> _Exercise objective_
Where the line with "abbrev pub Nearer" appears below, start writing out lines exactly, and finish with the line with "pause-Nearer ms s", which is included; write out nothing else.

> _Supplied entries_

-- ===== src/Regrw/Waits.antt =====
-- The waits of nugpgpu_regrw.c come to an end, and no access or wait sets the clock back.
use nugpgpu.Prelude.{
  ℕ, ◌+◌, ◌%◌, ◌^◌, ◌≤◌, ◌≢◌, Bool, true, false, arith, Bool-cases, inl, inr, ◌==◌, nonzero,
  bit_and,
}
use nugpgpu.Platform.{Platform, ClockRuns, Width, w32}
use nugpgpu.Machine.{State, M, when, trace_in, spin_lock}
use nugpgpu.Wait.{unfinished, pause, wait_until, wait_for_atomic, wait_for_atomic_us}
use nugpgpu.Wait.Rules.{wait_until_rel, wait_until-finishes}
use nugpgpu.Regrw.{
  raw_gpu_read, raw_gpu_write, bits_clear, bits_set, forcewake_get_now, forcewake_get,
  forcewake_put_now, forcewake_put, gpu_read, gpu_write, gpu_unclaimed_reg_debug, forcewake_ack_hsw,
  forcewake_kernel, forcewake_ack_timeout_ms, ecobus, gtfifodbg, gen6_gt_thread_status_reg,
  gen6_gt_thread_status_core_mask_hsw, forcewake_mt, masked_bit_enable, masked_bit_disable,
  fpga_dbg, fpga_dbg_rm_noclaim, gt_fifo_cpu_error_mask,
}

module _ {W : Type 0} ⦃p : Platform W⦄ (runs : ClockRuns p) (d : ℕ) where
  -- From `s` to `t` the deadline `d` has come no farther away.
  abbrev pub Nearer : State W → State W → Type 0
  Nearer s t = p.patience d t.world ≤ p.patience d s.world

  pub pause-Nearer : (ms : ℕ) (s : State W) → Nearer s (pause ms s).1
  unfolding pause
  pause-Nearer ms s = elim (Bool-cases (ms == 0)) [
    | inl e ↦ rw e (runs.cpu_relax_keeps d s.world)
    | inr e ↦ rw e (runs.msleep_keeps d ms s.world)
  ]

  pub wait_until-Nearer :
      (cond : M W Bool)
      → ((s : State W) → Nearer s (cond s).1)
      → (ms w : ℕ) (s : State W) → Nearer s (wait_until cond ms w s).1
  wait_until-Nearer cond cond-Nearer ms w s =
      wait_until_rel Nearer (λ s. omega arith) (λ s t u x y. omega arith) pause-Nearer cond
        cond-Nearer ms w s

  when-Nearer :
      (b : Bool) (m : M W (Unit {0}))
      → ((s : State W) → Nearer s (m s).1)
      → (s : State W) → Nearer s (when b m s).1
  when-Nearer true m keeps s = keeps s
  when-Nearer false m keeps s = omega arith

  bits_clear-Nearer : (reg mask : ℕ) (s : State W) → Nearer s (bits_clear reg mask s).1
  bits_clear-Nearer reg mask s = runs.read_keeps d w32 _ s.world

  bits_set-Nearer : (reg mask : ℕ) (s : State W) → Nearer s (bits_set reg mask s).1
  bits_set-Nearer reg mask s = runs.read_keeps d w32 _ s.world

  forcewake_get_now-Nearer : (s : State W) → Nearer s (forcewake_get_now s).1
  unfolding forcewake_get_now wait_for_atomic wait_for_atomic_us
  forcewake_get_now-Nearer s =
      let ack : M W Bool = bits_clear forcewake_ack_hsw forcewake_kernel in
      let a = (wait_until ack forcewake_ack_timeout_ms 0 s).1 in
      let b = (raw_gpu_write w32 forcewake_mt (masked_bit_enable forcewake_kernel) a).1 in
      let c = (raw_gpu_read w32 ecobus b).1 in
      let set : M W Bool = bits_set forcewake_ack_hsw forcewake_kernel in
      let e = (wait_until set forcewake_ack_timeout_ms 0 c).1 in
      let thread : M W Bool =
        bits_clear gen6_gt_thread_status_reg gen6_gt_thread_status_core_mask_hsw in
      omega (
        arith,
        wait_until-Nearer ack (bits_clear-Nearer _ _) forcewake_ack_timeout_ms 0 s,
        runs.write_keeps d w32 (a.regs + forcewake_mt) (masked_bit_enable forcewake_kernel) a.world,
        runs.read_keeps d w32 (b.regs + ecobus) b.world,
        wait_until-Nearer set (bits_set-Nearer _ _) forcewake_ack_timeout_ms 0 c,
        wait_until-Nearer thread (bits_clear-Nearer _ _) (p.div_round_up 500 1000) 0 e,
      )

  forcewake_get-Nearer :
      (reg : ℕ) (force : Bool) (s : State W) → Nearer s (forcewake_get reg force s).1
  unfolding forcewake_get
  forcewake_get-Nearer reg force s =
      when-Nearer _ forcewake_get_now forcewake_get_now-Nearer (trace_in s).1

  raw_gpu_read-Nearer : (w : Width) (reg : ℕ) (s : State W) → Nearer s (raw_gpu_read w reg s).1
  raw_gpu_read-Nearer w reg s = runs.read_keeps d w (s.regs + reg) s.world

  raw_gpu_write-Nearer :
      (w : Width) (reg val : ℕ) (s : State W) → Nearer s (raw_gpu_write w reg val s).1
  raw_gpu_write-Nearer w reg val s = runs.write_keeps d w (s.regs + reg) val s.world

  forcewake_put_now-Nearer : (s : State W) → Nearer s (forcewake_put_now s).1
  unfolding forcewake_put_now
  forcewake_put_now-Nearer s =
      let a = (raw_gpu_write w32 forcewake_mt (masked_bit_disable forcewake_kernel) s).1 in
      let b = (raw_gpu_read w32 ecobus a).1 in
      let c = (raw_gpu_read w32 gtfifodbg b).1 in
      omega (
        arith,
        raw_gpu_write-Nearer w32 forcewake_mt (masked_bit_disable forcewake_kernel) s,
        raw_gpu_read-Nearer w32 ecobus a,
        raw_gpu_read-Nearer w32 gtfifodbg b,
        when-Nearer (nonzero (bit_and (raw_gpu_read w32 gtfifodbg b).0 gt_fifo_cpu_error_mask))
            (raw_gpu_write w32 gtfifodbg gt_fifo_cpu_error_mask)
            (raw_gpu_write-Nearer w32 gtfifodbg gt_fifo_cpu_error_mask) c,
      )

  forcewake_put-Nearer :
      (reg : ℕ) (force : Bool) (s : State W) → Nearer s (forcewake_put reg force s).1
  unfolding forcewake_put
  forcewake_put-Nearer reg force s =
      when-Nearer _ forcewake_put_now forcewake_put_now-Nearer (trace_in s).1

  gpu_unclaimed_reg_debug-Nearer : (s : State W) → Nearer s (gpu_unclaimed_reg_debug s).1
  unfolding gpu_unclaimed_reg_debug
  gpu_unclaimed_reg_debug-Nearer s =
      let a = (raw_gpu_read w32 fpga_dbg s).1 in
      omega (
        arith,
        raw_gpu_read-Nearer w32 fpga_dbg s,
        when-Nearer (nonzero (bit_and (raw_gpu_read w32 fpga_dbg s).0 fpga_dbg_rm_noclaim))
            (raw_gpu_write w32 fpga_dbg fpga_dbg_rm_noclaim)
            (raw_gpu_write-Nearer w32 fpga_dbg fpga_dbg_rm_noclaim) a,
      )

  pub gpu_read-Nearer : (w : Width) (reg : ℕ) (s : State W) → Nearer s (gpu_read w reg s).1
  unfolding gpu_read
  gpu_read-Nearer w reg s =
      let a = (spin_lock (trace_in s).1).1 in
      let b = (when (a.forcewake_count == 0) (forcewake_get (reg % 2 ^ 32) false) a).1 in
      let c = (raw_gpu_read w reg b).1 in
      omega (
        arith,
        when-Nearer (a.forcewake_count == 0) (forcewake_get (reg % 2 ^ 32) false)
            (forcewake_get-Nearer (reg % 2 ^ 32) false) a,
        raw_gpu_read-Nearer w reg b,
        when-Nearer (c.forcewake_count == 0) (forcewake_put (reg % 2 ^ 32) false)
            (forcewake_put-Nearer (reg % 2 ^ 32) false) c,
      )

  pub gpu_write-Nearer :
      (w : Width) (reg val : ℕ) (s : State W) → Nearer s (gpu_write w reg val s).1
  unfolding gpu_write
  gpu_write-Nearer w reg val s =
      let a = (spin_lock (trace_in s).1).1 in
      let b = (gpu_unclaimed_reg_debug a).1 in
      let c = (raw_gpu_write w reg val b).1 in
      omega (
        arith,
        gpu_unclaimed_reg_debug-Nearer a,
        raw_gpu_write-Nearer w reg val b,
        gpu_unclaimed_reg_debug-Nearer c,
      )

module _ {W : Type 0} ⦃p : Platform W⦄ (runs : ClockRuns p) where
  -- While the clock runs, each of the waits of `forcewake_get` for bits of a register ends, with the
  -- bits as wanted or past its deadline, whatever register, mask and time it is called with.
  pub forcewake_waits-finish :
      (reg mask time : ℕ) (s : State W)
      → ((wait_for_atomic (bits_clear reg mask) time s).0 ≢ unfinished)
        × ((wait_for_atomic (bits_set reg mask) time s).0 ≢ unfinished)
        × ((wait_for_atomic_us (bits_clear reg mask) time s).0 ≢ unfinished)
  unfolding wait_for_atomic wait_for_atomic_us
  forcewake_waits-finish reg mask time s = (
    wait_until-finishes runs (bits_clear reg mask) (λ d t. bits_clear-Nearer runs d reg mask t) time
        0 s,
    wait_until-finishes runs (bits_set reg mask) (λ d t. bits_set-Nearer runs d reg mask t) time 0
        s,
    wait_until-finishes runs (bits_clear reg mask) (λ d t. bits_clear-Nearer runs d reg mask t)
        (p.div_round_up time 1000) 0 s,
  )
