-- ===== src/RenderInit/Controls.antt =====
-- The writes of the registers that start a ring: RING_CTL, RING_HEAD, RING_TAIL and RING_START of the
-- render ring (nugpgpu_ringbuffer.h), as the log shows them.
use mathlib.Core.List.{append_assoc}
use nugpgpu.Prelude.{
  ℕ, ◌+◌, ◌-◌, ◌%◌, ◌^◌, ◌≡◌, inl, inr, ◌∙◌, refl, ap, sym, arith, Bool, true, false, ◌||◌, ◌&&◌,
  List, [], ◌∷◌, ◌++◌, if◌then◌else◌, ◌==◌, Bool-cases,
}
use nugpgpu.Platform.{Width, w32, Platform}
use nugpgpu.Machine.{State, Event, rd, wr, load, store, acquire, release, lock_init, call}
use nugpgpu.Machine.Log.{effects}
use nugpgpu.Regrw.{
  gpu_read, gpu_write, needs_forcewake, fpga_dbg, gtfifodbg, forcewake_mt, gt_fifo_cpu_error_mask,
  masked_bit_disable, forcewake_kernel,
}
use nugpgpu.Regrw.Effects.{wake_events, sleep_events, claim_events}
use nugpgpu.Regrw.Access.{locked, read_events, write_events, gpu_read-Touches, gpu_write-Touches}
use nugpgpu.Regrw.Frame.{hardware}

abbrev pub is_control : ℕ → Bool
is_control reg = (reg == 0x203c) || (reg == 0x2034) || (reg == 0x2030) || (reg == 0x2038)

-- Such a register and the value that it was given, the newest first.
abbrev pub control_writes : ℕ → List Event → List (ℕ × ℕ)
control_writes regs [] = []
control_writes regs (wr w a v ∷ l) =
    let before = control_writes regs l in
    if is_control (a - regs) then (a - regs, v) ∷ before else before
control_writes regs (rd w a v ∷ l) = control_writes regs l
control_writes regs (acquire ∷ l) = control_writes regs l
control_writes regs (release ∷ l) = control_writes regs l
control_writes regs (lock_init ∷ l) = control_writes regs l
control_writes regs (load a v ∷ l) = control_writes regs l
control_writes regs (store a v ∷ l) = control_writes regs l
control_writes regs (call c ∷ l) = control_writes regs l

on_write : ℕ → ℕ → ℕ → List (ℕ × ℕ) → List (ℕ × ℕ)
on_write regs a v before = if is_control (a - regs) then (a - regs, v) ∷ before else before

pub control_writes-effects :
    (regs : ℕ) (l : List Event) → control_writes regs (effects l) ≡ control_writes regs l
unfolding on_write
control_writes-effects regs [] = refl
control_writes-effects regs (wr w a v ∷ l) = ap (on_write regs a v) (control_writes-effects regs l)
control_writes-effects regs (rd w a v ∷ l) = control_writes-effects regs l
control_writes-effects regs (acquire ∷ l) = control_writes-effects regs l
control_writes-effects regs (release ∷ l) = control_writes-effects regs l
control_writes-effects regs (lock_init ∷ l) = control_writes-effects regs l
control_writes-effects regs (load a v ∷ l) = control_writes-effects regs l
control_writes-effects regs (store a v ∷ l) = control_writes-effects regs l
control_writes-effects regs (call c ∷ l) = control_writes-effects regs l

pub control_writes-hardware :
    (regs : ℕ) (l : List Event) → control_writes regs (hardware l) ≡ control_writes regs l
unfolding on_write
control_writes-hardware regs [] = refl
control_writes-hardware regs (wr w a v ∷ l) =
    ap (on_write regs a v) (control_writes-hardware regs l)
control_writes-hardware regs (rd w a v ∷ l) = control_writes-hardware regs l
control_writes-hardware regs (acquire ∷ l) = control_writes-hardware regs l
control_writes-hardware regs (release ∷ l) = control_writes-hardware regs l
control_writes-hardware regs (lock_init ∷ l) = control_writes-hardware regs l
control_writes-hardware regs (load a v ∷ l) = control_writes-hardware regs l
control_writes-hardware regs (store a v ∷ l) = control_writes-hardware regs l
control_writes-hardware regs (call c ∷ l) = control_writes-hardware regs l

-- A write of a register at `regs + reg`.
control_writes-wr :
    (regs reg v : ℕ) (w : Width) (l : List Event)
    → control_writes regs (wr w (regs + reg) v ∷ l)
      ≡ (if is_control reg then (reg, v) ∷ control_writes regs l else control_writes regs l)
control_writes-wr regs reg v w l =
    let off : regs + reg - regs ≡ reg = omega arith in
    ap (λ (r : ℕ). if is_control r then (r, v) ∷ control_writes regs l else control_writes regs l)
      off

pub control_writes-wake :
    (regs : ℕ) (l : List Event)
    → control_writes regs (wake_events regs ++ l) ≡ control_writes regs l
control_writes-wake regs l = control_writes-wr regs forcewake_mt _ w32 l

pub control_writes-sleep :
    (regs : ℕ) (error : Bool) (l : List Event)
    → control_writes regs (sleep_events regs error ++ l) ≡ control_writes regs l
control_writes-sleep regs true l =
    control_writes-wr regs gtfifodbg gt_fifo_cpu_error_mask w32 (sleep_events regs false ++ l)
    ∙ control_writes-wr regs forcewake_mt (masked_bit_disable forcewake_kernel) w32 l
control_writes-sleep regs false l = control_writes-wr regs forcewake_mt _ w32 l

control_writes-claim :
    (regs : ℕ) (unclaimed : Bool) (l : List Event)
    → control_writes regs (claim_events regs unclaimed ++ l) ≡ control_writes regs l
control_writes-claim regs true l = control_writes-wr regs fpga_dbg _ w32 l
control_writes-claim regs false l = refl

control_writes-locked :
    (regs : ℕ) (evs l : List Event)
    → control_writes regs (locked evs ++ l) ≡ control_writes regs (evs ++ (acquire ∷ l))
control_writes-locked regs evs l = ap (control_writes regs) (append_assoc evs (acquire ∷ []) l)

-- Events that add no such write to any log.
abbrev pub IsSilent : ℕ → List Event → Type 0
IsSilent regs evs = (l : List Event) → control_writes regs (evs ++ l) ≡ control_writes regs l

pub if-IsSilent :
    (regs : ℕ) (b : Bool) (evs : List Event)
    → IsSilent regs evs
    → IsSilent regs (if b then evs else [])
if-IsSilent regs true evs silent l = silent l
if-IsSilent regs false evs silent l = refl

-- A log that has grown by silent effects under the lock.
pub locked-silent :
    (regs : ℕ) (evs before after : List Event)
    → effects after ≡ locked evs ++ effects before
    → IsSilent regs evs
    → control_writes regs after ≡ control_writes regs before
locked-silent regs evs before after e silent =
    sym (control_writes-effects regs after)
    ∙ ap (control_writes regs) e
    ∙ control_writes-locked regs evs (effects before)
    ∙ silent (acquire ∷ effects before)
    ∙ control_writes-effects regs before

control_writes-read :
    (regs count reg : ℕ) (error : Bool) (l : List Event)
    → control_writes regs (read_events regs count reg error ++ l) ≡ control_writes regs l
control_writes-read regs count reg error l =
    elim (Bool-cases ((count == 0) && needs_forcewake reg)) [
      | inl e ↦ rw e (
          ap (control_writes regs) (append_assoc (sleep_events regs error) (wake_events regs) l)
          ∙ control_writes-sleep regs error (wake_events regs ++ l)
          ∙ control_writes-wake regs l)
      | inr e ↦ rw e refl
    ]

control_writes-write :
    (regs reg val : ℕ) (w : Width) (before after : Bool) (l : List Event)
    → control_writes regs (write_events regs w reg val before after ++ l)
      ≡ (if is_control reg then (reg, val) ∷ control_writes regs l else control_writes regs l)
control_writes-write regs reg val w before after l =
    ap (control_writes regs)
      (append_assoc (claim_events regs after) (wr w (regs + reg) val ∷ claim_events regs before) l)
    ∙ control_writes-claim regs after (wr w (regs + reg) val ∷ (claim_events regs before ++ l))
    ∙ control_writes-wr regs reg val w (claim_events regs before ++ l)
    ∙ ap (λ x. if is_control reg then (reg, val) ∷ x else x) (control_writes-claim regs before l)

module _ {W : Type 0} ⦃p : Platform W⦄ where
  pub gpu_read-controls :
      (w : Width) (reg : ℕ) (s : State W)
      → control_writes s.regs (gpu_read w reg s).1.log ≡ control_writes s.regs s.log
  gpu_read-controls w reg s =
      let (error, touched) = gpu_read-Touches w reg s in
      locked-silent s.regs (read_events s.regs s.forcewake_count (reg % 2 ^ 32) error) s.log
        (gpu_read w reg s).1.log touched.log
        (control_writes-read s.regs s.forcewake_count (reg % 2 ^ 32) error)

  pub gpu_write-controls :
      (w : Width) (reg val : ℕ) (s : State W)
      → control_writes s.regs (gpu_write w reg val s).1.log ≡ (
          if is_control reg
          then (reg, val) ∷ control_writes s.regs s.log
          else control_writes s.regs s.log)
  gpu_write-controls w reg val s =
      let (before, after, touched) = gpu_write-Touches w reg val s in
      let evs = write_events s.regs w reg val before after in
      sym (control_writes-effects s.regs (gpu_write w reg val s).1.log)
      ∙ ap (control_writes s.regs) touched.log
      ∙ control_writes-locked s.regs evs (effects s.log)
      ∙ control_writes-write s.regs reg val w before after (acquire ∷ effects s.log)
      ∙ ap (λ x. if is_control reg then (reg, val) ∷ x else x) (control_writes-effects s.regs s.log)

> _Answer to this exercise_
  abbrev pub Nearer : State W → State W → Type 0
  Nearer s t = p.patience d t.world ≤ p.patience d s.world

  pub pause-Nearer : (ms : ℕ) (s : State W) → Nearer s (pause ms s).1
  unfolding pause
  pause-Nearer ms s = elim (Bool-cases (ms == 0)) [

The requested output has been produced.